◆ **Excerpted data**:

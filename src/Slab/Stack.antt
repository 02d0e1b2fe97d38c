-- ===== src/Slab/Stack.antt =====
-- The stacks of toccata-core/src/rseq/slab.rs as lists of objects, the next one to be popped first, and
-- what `push_locked` and `pop_locked` do to them.
use toccata.Base.{
  ℕ, ◌≤◌, ◌<◌, ◌≡◌, ◌≢◌, ◌⊎◌, inl, inr, sym, subst, ◌∙◌, arith, true, false, some, List, [], ◌∷◌,
  length, ◌==◌, Bool-cases,
}
use toccata.Base.Stacks.{stack, stack-congr}
use toccata.Slab.{SlabLayout, Memory, Fast, ok, needs_slow, is_stopped}
use toccata.Slab.Geometry.{IsLaidOut, head, capacity, word, slot, IsField, place}
use toccata.Slab.Effect.{Sets}

unfoldable pub objects : SlabLayout → Memory → ℕ → ℕ → List ℕ
objects l m cpu c = stack (m (place l cpu c head)) (λ i. m (place l cpu c (slot i)))

-- A stack that is in order and whose lock is not held.
pub record IsStack (l : SlabLayout) (cap : ℕ) (m : Memory) (cpu c : ℕ) : Type 0 where
  pub unlocked : m (place l cpu c word) ≡ 0
  pub room : m (place l cpu c capacity) ≡ cap
  pub few : m (place l cpu c head) ≤ cap
  pub live : (i : ℕ) → i < m (place l cpu c head) → m (place l cpu c (slot i)) ≢ 0

pub record IsValid (l : SlabLayout) (cap : ℕ → ℕ) (m : Memory) : Type 0 where
  pub laid : IsLaidOut l cap
  pub stacks : (cpu c : ℕ) → cpu < l.num_cpus → c < l.classes.len → IsStack l (cap c) m cpu c

same_or_other : (i j c d : ℕ) → ((i ≡ j) × (c ≡ d)) ⊎ ((i ≡ j → c ≢ d))
same_or_other i j c d = elim (Bool-cases (i == j)) [
  | inl t ↦ elim (Bool-cases (c == d)) [
    | inl u ↦ inl (ground (arith, t), ground (arith, u))
    | inr f ↦ inr (λ _ q. ground (arith, f, q))
  ]
  | inr f ↦ inr (λ q. ground (arith, f, q))
]

-- What becomes of the other stacks: nothing.
unfoldable pub Others : SlabLayout → Memory → ℕ → ℕ → Memory → Type 0
Others l m cpu c n =
    (j d : ℕ)
    → j < l.num_cpus
    → d < l.classes.len
    → (cpu ≡ j → c ≢ d)
    → objects l n j d ≡ objects l m j d

pub Others-all :
    (l : SlabLayout) (m n : Memory) (cpu c : ℕ)
    → Others l m cpu c n
    → objects l n cpu c ≡ objects l m cpu c
    → (j d : ℕ) → j < l.num_cpus
    → d < l.classes.len
    → objects l n j d ≡ objects l m j d
unfolding Others
Others-all l m n cpu c others same j d lj ld = elim (same_or_other cpu j c d) [
  | inl (i, k) ↦
      subst (λ x. objects l n j x ≡ objects l m j x) k
        (subst (λ x. objects l n x c ≡ objects l m x c) i same)
  | inr ne ↦ others j d lj ld ne
]

module _ (l : SlabLayout) (cap : ℕ → ℕ) (m : Memory) (cpu c : ℕ) where
  -- What `push_locked` returns and leaves: it passes a stopped processor by, leaves a full stack as
  -- it is, and otherwise puts the object on top.
  pub data Pushes (p : ℕ) : Fast (Unit {0}) → Memory → Type 0 where
    routed : is_stopped l cpu ≡ some true → Pushes p needs_slow m
    full :
        {n : Memory}
        → is_stopped l cpu ≡ some false
        → length (objects l m cpu c) ≡ cap c
        → objects l n cpu c ≡ objects l m cpu c
        → Pushes p needs_slow n
    pushed :
        {n : Memory}
        → is_stopped l cpu ≡ some false
        → length (objects l m cpu c) < cap c
        → objects l n cpu c ≡ p ∷ objects l m cpu c
        → Pushes p (ok tt) n

  -- The same of `pop_locked`, which takes the object on top.
  pub data Pops : Fast ℕ → Memory → Type 0 where
    routed : is_stopped l cpu ≡ some true → Pops needs_slow m
    empty :
        {n : Memory}
        → is_stopped l cpu ≡ some false
        → objects l m cpu c ≡ []
        → objects l n cpu c ≡ []
        → Pops needs_slow n
    popped :
        {n : Memory} {p : ℕ}
        → is_stopped l cpu ≡ some false
        → objects l m cpu c ≡ p ∷ objects l n cpu c
        → Pops (ok p) n

module _ {l : SlabLayout} {cap : ℕ → ℕ} {m : Memory} (v : IsValid l cap m) {cpu c : ℕ}
    (lc : cpu < l.num_cpus) (cc : c < l.classes.len) where
  module _ {top : ℕ} {s : ℕ → ℕ} {n : Memory} (e : Sets v.laid cpu c cc m top s 0 n)
      (few : top ≤ cap c) where
    Sets-objects : objects l n cpu c ≡ stack top s
    unfolding objects
    Sets-objects = rw e.top_is (stack-congr top _ s (λ i h. e.slots_are i (omega (arith, h, few))))

    Sets-Others : Others l m cpu c n
    unfolding Others objects IsField
    Sets-Others j d lj ld ne =
        let same = e.others j d head ld tt ne in
        rw same (
          stack-congr (m (place l j d head)) _ _
            (λ i h. e.others j d (slot i) ld (omega (arith, h, (v.stacks j d lj ld).few)) ne))

    Sets-IsStack : ((i : ℕ) → i < top → s i ≢ 0) → IsStack l (cap c) n cpu c
    Sets-IsStack live = record {
      unlocked = e.word_is;
      room = e.room ∙ (v.stacks cpu c lc cc).room;
      few = omega (arith, e.top_is, few);
      live = λ i h z.
          live i (omega (arith, e.top_is, h))
            (sym (e.slots_are i (omega (arith, e.top_is, h, few))) ∙ z);
    }

    other-IsStack :
        (j d : ℕ) → j < l.num_cpus → d < l.classes.len → (cpu ≡ j → c ≢ d) → IsStack l (cap d) n j d
    unfolding IsField
    other-IsStack j d lj ld ne =
        let old = v.stacks j d lj ld in
        let tops = e.others j d head ld tt ne in
        record {
          unlocked = e.others j d word ld tt ne ∙ old.unlocked;
          room = e.others j d capacity ld tt ne ∙ old.room;
          few = omega (arith, tops, old.few);
          live = λ i h z.
              let low : i < m (place l j d head) = omega (arith, tops, h) in
              old.live i low (sym (e.others j d (slot i) ld (omega (arith, low, old.few)) ne) ∙ z);
        }

    Sets-IsValid : ((i : ℕ) → i < top → s i ≢ 0) → IsValid l cap n
    Sets-IsValid live = record {
      laid = v.laid;
      stacks = λ j d lj ld. elim (same_or_other cpu j c d) [
        | inl (i, k) ↦
            subst (λ x. IsStack l (cap x) n j x) k
              (subst (λ x. IsStack l (cap c) n x c) i (Sets-IsStack live))
        | inr ne ↦ other-IsStack j d lj ld ne
      ];
    }

    pub Sets-leaves :
        ((i : ℕ) → i < top → s i ≢ 0)
        → IsValid l cap n × Others l m cpu c n × (objects l n cpu c ≡ stack top s)
    Sets-leaves live = (Sets-IsValid live, Sets-Others, Sets-objects)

◆ **Instructions for the task**:
For the listing above, print only the lines starting at the line containing "pub room : m (place l cpu c capacity) ≡ cap" and ending at the line containing "pub laid : IsLaidOut l cap", exactly, both included.

◆ **Reply to the exercise**:
  pub room : m (place l cpu c capacity) ≡ cap
  pub few : m (place l cpu c head) ≤ cap
  pub live : (i : ℕ) → i < m (place l cpu c head) → m (place l cpu c (slot i)) ≢ 0

pub record IsValid (l : SlabLayout) (cap : ℕ → ℕ) (m : Memory) : Type 0 where
  pub laid : IsLaidOut l cap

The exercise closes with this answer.